# Fun House



## wizard (May 24, 2011)

Made it this A.M. It's a Jeff Powell Blank I got from Exotic Blanks called Fun House. It's definitely trippy.. It's on a Black Ti Jr. Gentleman. Not completely happy with it as I feel like I overturned the barrel section a little.:redface: Think my bushings may be a little worn.  Comments welcome but most of all thanks for looking. Doc


----------



## omb76 (May 24, 2011)

That is a fun pen!!  Great job Doc!


----------



## Drstrangefart (May 24, 2011)

GOOD GOOGLY MOOGLY!!!!! I MUST OWN THAT PEN!!!!! OHMYGOD!!!!!


----------



## renowb (May 24, 2011)

Very mesmerizing! I like it! You are getting sleeepy......


----------



## alphageek (May 24, 2011)

Drstrangefart said:


> GOOD GOOGLY MOOGLY!!!!! I MUST OWN THAT PEN!!!!! OHMYGOD!!!!!



Uh oh... I think I agree with this.   That is an awesome pen!


----------



## PenMan1 (May 24, 2011)

I think I like it, Doc! But I can't be sure....my eyelids are getting VERY, VERY HEAVY.

Wait a minute! What kind of a Doctor are you? My head don't need to be shrunk AND I AIN'T SENDING YOU ALL MY PEN PARTS... regardless of what this pen tells me to do


----------



## Drstrangefart (May 24, 2011)

alphageek said:


> Drstrangefart said:
> 
> 
> > GOOD GOOGLY MOOGLY!!!!! I MUST OWN THAT PEN!!!!! OHMYGOD!!!!!
> ...



I like how agreeing with me prompted you to lead in with "UH-OH". LMAO.


----------



## MartinPens (May 24, 2011)

After snapping out of my hypnosis, (love the pen) I could barely see what you are talking about concerning the body. Can you put the body back on the mandrel and add a few more layers of Ca to bridge the space? Not very noticeable, but I know it bothers me when I hold a pen I've made and can feel a little catch at the junction points. 

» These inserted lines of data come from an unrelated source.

-- ===== src/Kernel/PageTable/Map.antt =====
-- `vmiter::map` of pset4/k-vmiter.cc. `kalloc` of pset4/kernel.cc comes in by its interface.
use Prim.Native.Nat.{bit_and, bit_or}
use cs61_f18_psets.Base.{
  ℕ, zero, suc, ◌+◌, ◌-◌, ◌%◌, ◌^◌, ◌<◌, ◌≡◌, Bool, true, false, not, ◌&&◌, ◌||◌, Option, none,
  some, ltb, leb, ◌==◌, if◌then◌else◌,
}
use cs61_f18_psets.Kernel.Machine.{Outcome, done, panicked}
use cs61_f18_psets.Kernel.PageTable.{Vmiter, is_present, pa_bits, down}

-- What `map` asks of the page allocator: `kalloc(PAGESIZE)`, and that the pages it gives are aligned,
-- below 2^51 and not held before.
pub record PageSource : Type 1 where
  pub State : Type 0
  pub kalloc : State → Option ℕ × State
  pub holds : State → ℕ → Bool
  pub kalloc_aligned : (p : ℕ) (st : State) → (kalloc st).0 ≡ some p → (p % 4096 ≡ 0) × (p < 2 ^ 51)
  pub kalloc_new :
      (p : ℕ) (st : State)
      → (kalloc st).0 ≡ some p
      → (holds st p ≡ false) × (holds (kalloc st).1 p ≡ true)
  pub kalloc_keeps : (p : ℕ) (st : State) → holds st p ≡ true → holds (kalloc st).1 p ≡ true

abbrev pub page_of : ℕ → ℕ
page_of a = a - a % 4096

-- `memset(pt, 0, PAGESIZE)`.
abbrev pub clear_page : (ℕ → ℕ) → ℕ → ℕ → ℕ
clear_page entries pt a = if leb pt a && ltb a (pt + 4096) then 0 else entries a

-- `*pep = e`.
abbrev pub set_entry : (ℕ → ℕ) → ℕ → ℕ → ℕ → ℕ
set_entry entries pep e a = if a == pep then e else entries a

-- `pt | PTE_P | PTE_W | PTE_U`.
unfoldable pub table_entry : ℕ → ℕ
table_entry pt = pt - pt % 8 + 7

-- Whether one of the assertions on the arguments of `map` fails.
unfoldable pub refused : ℕ → ℕ → Vmiter → Bool
unfolding is_present pa_bits
refused pa perm it =
    not (it.va % 4096 == 0)
    || (if is_present perm then not (pa_bits pa == pa) else is_present pa)
    || not (bit_and (bit_and perm 7) it.perm_bits == bit_and perm 7)

module _ (source : PageSource) where
  open source use {State, kalloc, holds, kalloc_aligned, kalloc_new, kalloc_keeps}

  -- Whether `map` returns 0, the iterator, the entries, and the allocator behind it.
  abbrev pub Mapping : Type 0
  Mapping = Bool × Vmiter × (ℕ → ℕ) × State

  -- The loop that adds page table pages; `none` means that the fuel ran out.
  unfoldable pub map_loop : ℕ → ℕ → Vmiter → (ℕ → ℕ) → State → Option (Outcome Mapping)
  unfolding is_present down table_entry
  map_loop zero perm it entries st = none
  map_loop (suc fuel) perm it entries st =
      if ltb 0 it.level && not (perm == 0)
      then if is_present (entries it.pep) then some panicked else elim (kalloc st).0 [
        | none ↦ some (done (false, it, entries, (kalloc st).1))
        | some pt ↦
            let entries' = set_entry (clear_page entries pt) it.pep (table_entry pt) in
            map_loop fuel perm (down entries' it) entries' (kalloc st).1
      ]
      else some (done (true, it, entries, st))

  -- "if (level_ == 0) { *pep_ = pa | perm; }"
  abbrev pub install : ℕ → ℕ → Option (Outcome Mapping) → Option (Outcome Mapping)
  install pa perm (some (done (true, it, entries, st))) = some (
      done (
        true,
        it,
        if it.level == 0 then set_entry entries it.pep (bit_or pa perm) else entries,
        st,
      ))
  install pa perm r = r

  -- A walk has four levels: the loop has three rounds at most, and one test more.
  unfoldable pub map : ℕ → ℕ → Vmiter → (ℕ → ℕ) → State → Option (Outcome Mapping)
  unfolding map_loop refused
  map pa perm it entries st =
      if refused pa perm it then some panicked else install pa perm (map_loop 4 perm it entries st)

That's a fine pen. Going to have to try one of those. Thanks for sharing it.

Martin

Sent from my iPad using Forum Runner


----------



## boxerman (May 24, 2011)

Wow man cool pen.:biggrin: I bet that would make your eyes goofy looking at that a long time:bulgy-eyes::hypnotized: Nice job on that pen.


----------



## Ruby pen turning (May 24, 2011)

Haha .... that is a cool pen, I have not seen one like that yet and I do not think you over turned anything.
do you have the whole powell collection yet?


----------



## workinforwood (May 24, 2011)

Looks awesome! I love how both sides of the pen are different colors. I do see how it looks just a hair over spun. It is ok to apply a CA finish to these pens, as they are alumilite which will accept the finish if the user wishes to do so...but applying a finish will take away one of the great properties of the material..it's flex and strength, making it more brittle. It sure is trippy. In photo #3 is there a nick out of the finial?


----------



## G1Pens (May 24, 2011)

I like it. Unique and appealing.


----------



## el_d (May 24, 2011)

The colors, The colors........:musical-note: "Inagoda Davida honey....Dont you know that I love you......"    :musical-note:

Great Job on that pipe dream creation Doc.


----------



## toddlajoie (May 24, 2011)

You've got a decent taper on the tube, so a few passes on a sanding mill (with a digital caliper measurement as you go) and you should be able to bring it back to the right measurement without loosing more tube length than the spring can make up for, assuming it has not already been shortened some...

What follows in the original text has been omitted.